# Socle of a direct product of finite groups.

The socle of a group $$G$$ is defined as the subgroup generated by minimal subgroups among normal subgroups of $$G$$, and it is denoted as $$\textrm{Soc}(G)$$.

Suppose $$A_1,...,A_n$$ are finite groups. Is it true that $$\textrm{Soc}(A_1 \times ... \times A_n) = \textrm{Soc}(A_1) \times ... \times \textrm{Soc}(A_n)$$ ?

The $$\supseteq$$ inclusion seems to be true, but I'm not sure whether the inclusion $$\subseteq$$ is generally true (though I would guess it is true in the case of all the groups $$A_i$$ being abelian, for example - I think this might be true because in a direct product of abelian groups, minimal groups are cyclic groups prime order).

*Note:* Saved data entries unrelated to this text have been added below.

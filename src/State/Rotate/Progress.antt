-- ===== src/State/Rotate/Progress.antt =====
-- RotateBindings loses no credentials, whichever call fails, and when it succeeds the current key
-- reads all of them.
use osb_opengauss_go.Prelude.{
  ◌≡◌, refl, sym, ap, ◌∙◌, subst, inl, inr, Option, none, some, ◌++◌, Text, codes, if◌then◌else◌,
  text_eq, text_eq_sound, text_eq_refl, Bool, true, false, Bool-cases,
}
use osb_opengauss_go.Result.{
  Fault, Result, ok, err, annotate, wrapped, annotate-eq-ok, map_err-eq-ok,
}
use osb_opengauss_go.Exec.{Exec, lift, relabel, ◌>>=◌}
use osb_opengauss_go.Result.{Result-cases}
use osb_opengauss_go.World.{World, on_entropy}
use osb_opengauss_go.Base64
use osb_opengauss_go.Encrypt.{Encryptor}
use osb_opengauss_go.State.{BindingRecord, Store}
use osb_opengauss_go.State.Rotate.{write_credentials, rotate_text, rotate_record}
use osb_opengauss_go.State.Rotate.Reading.{
  with_credentials, IsCurrent, IsPrevious, Reads, unique_Reads, Keeps, IsRotatable, moved-IsCurrent,
}

abbrev pub recredited : Text → Option BindingRecord → Option BindingRecord
recredited text none = none
recredited text (some r) = some (with_credentials text r)

pub same_value : {A : Type 0} {x y : A} → some x ≡ some y → x ≡ y
same_value e = cc

-- `Update("credentials", text)` on the row with a key: one that fails has changed nothing.
pub record IsColumn {B : Type 0} (row : B → Text → Option BindingRecord)
    (set : Text → Text → Exec B Fault (Unit {0})) : Type 0 where
  pub set-ok :
      (k text : Text) (d : B) (j : Text)
      → (set k text d).0 ≡ ok tt
      → row (set k text d).1 j ≡ (if text_eq k j then recredited text (row d j) else row d j)
  pub set-err :
      (k text : Text) (d : B) (e : Fault) (j : Text)
      → (set k text d).0 ≡ err e
      → row (set k text d).1 j ≡ row d j

module _ {F I B R : Type 0} (store : Store F I B R) (previous : Encryptor R)
    (row : B → Text → Option BindingRecord) where
  -- each row of the state `d` is there in the state `d'`, perhaps with its credentials moved
  abbrev pub Holds : B → B → Type 0
  Holds d d' =
      (k : Text) (r : BindingRecord)
      → row d k ≡ some r
      → (r' : BindingRecord) × (row d' k ≡ some r') × Keeps store previous r r'

  -- the row with the key is there, and the current key reads it
  abbrev pub HasCurrent : Text → B → Type 0
  HasCurrent k d =
      (r : BindingRecord) × (plain : Text) × (row d k ≡ some r) × IsCurrent store previous r plain

  -- What the body of the loop does to the rows, for the record `x` and by its result.
  pub data Advance (x : BindingRecord) (d d' : B) : Result Fault Bool → Type 0 where
    failed : (e : Fault) → ((j : Text) → row d' j ≡ row d j) → Advance x d d' (err e)
    already :
        (plain : Text)
        → IsCurrent store previous x plain
        → ((j : Text) → row d' j ≡ row d j)
        → Advance x d d' (ok false)
    moved :
        (plain cipher : Text) (s : R)
        → IsPrevious store previous x plain
        → (store.encryptor.encrypt plain s).0 ≡ ok cipher
        → ((j : Text)
            → row d' j ≡ (
                if text_eq x.binding_id j
                then recredited (Base64.encode cipher) (row d j)
                else row d j))
        → Advance x d d' (ok true)

  module _ (column : IsColumn row store.set_credentials) (x : BindingRecord) where
    module _ {S : Type 0} where
      -- the method, from the world `w`, ends as the body of the loop may end that began on the rows `d`
      abbrev pub Advances : B → Exec (World I B S R) Fault Bool → World I B S R → Type 0
      Advances d m w = Advance x d (m w).1.bindings (m w).0

      Advances-bind :
          {A : Type 0} (d : B) (m : Exec (World I B S R) Fault A)
          (f : A → Exec (World I B S R) Fault Bool) (w : World I B S R)
          → (m w).1.bindings ≡ d
          → ((a : A) → (m w).0 ≡ ok a → Advances d (f a) (m w).1)
          → Advances d (m >>= f) w
      Advances-bind d m f w same rest = elim (Result-cases (m w).0) [
        | inl (a, h) ↦ rw h (rest a h)
        | inr (e, h) ↦ rw h (failed e (λ j. ap (λ (q : B). row q j) same))
      ]

      write_Advances :
          (w : World I B S R) (plain cipher : Text) (s : R)
          → IsPrevious store previous x plain
          → (store.encryptor.encrypt plain s).0 ≡ ok cipher
          → Advances w.bindings (write_credentials store x cipher) w
      unfolding write_credentials
      write_Advances w plain cipher s old encrypted =
          elim (Result-cases
            (store.set_credentials x.binding_id (Base64.encode cipher) w.bindings).0) [
              | inl (u, h) ↦ rw h (
                  moved plain cipher s old encrypted
                    λ j. column.set-ok x.binding_id (Base64.encode cipher) w.bindings j h)
              | inr (e, h) ↦ rw h (
                  failed _ λ j. column.set-err x.binding_id (Base64.encode cipher) w.bindings e j h)
            ]

      text_Advances :
          (w : World I B S R) (cipher : Text) (read : Result Fault Text)
          → Base64.decode x.credentials ≡ ok cipher
          → store.encryptor.decrypt cipher ≡ read
          → Advances w.bindings (rotate_text store previous x cipher read) w
      unfolding rotate_text
      text_Advances w cipher (ok plain) decoded h =
          already plain (record { cipher = cipher; decoded = decoded; decrypted = h }) (λ j. refl)
      text_Advances w cipher (err e) decoded h =
          Advances-bind w.bindings
            (lift (
              annotate
                (codes "cannot decrypt credentials of binding "
                  ++ (x.binding_id ++ codes " with either key"))
                (previous.decrypt cipher)))
            _ w refl
            λ plain read.
              Advances-bind w.bindings
                (relabel
                  (λ e.
                    wrapped (codes "cannot re-encrypt credentials of binding " ++ x.binding_id) e)
                  (on_entropy (store.encryptor.encrypt plain)))
                _ w refl
                λ new encrypted.
                  write_Advances
                    (record w { entropy = (store.encryptor.encrypt plain w.entropy).1 }) plain new
                    w.entropy
                    (record {
                      cipher = cipher;
                      decoded = decoded;
                      fault = e;
                      unread = h;
                      decrypted = annotate-eq-ok _ _ read;
                    })
                    (map_err-eq-ok _ _ encrypted)

      pub rotate_record-Advances :
          (w : World I B S R) → Advances w.bindings (rotate_record store previous x) w
      unfolding rotate_record
      rotate_record-Advances w =
          Advances-bind w.bindings
            (lift (
              annotate (codes "cannot decode credentials of binding " ++ x.binding_id)
                (Base64.decode x.credentials)))
            _ w refl
            λ cipher decoded.
              text_Advances w cipher (store.encryptor.decrypt cipher) (annotate-eq-ok _ _ decoded)
                refl

  -- the row with the key after new credentials were set
  set_row :
      (d d' : B) (text k : Text) (r : BindingRecord)
      → row d' k ≡ recredited text (row d k)
      → row d k ≡ some r
      → row d' k ≡ some (with_credentials text r)
  set_row d d' text k r set at = set ∙ ap (recredited text) at

  module _ (rotatable : IsRotatable store previous) (x : BindingRecord) where
    Keeps-moved :
        (r r' : BindingRecord) (plain cipher : Text) (s : R)
        → Keeps store previous r r'
        → IsPrevious store previous r plain
        → (store.encryptor.encrypt plain s).0 ≡ ok cipher
        → Keeps store previous r (with_credentials (Base64.encode cipher) r')
    Keeps-moved r r' plain cipher s keeps old encrypted =
        let new : BindingRecord = with_credentials (Base64.encode cipher) r' in
        let current = moved-IsCurrent store previous rotatable r r' plain cipher s old encrypted in
        let reads : (p : Text) → Reads store previous r p → IsCurrent store previous new p = λ p h.
          subst (IsCurrent store previous new) (unique_Reads store previous r plain p (inr old) h)
            current in
        record {
          others = ap (with_credentials (Base64.encode cipher)) keeps.others;
          reads = λ p h. inl (reads p h);
          current = λ p h. reads p (inl h);
        }

    pub Advance-HasCurrent :
        (d d' : B) (k : Text) {out : Result Fault Bool}
        → Advance x d d' out
        → HasCurrent k d
        → HasCurrent k d'
    Advance-HasCurrent d d' k (failed e same) (r, plain, at, current) =
        (r, plain, same k ∙ at, current)
    Advance-HasCurrent d d' k (already _ _ same) (r, plain, at, current) =
        (r, plain, same k ∙ at, current)
    Advance-HasCurrent d d' k (moved plain cipher s old encrypted set) (r, p, at, current) =
        elim (Bool-cases (text_eq x.binding_id k)) [
          | inl here ↦ (
            with_credentials (Base64.encode cipher) r,
            plain,
            set_row d d' (Base64.encode cipher) k r (rw here at (set k)) at,
            moved-IsCurrent store previous rotatable x r plain cipher s old encrypted,
          )
          | inr other ↦ (r, p, (rw other at (set k)) ∙ at, current)
        ]

    module _ (d0 d d' : B) (there : row d0 x.binding_id ≡ some x) where
      -- what the loop keeps
      pub Advance-Holds : {out : Result Fault Bool} → Advance x d d' out → Holds d0 d → Holds d0 d'
      Advance-Holds (failed e same) h k r at =
          let (r', at', keeps) = h k r at in (r', same k ∙ at', keeps)
      Advance-Holds (already plain current same) h k r at =
          let (r', at', keeps) = h k r at in (r', same k ∙ at', keeps)
      Advance-Holds (moved plain cipher s old encrypted set) h k r at =
          let (r', at', keeps) = h k r at in
          elim (Bool-cases (text_eq x.binding_id k)) [
            | inl here ↦
                let own : x ≡ r =
                  same_value (sym there ∙ ap (row d0) (text_eq_sound x.binding_id k here) ∙ at) in
                (
                  with_credentials (Base64.encode cipher) r',
                  set_row d d' (Base64.encode cipher) k r' (rw here at (set k)) at',
                  Keeps-moved r r' plain cipher s keeps
                      (subst (λ q. IsPrevious store previous q plain) own old) encrypted,
                )
            | inr other ↦ (r', (rw other at (set k)) ∙ at', keeps)
          ]

      -- what a round of the loop that succeeds reaches
      pub Advance-ok : (m : Bool) → Advance x d d' (ok m) → Holds d0 d → HasCurrent x.binding_id d'
      Advance-ok m (already plain current same) h =
          let (r', at', keeps) = h x.binding_id x there in
          (r', plain, same x.binding_id ∙ at', keeps.current plain current)
      Advance-ok m (moved plain cipher s old encrypted set) h =
          let (r', at', keeps) = h x.binding_id x there in
          (
            with_credentials (Base64.encode cipher) r',
            plain,
            set_row d d' (Base64.encode cipher) x.binding_id r'
                (rw text_eq_refl at (set x.binding_id)) at',
            moved-IsCurrent store previous rotatable x r' plain cipher s old encrypted,
          )

  pub Advance-Reads :
      (x : BindingRecord) (d d' : B) (m : Bool)
      → Advance x d d' (ok m)
      → (plain : Text) × Reads store previous x plain
  Advance-Reads x d d' m (already plain current same) = (plain, inl current)
  Advance-Reads x d d' m (moved plain cipher s old encrypted set) = (plain, inr old)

Let $$N$$ be a minimal normal subgroup of $$G = A_1 \times \cdots \times A_n$$. If $$N \le A_i$$ for some $$i$$ then $$N \le {\rm Soc}(A_i)$$, so suppose not, and suppose that $$N$$ projects nontrivially onto $$A_1$$ and $$A_2$$, say.
Then $$N$$ cannot contain any elements $$(h,1,\ldots)$$ with $$h\ne 1$$ because the set of such elements would form a smaller normal subgroup than $$N$$.
But this implies that the projection $$N_1$$ of $$N$$ onto $$A_1$$ must lie in $$Z(A_1)$$, since otherwise $$N$$ would contain elements $$([g,h],1,\ldots)$$ with $$h \in N_1$$, $$g \in A_1$$ and $$[g,h] \ne 1$$.
So $$N \le Z(G)$$, and $$N$$ must have prime order, and be a diagonal subgroup of minimal normal subgroups of some of the $$A_i$$. So $$N \le {\rm Soc}(A_1) \times \cdots \times {\rm Soc}(A_n)$$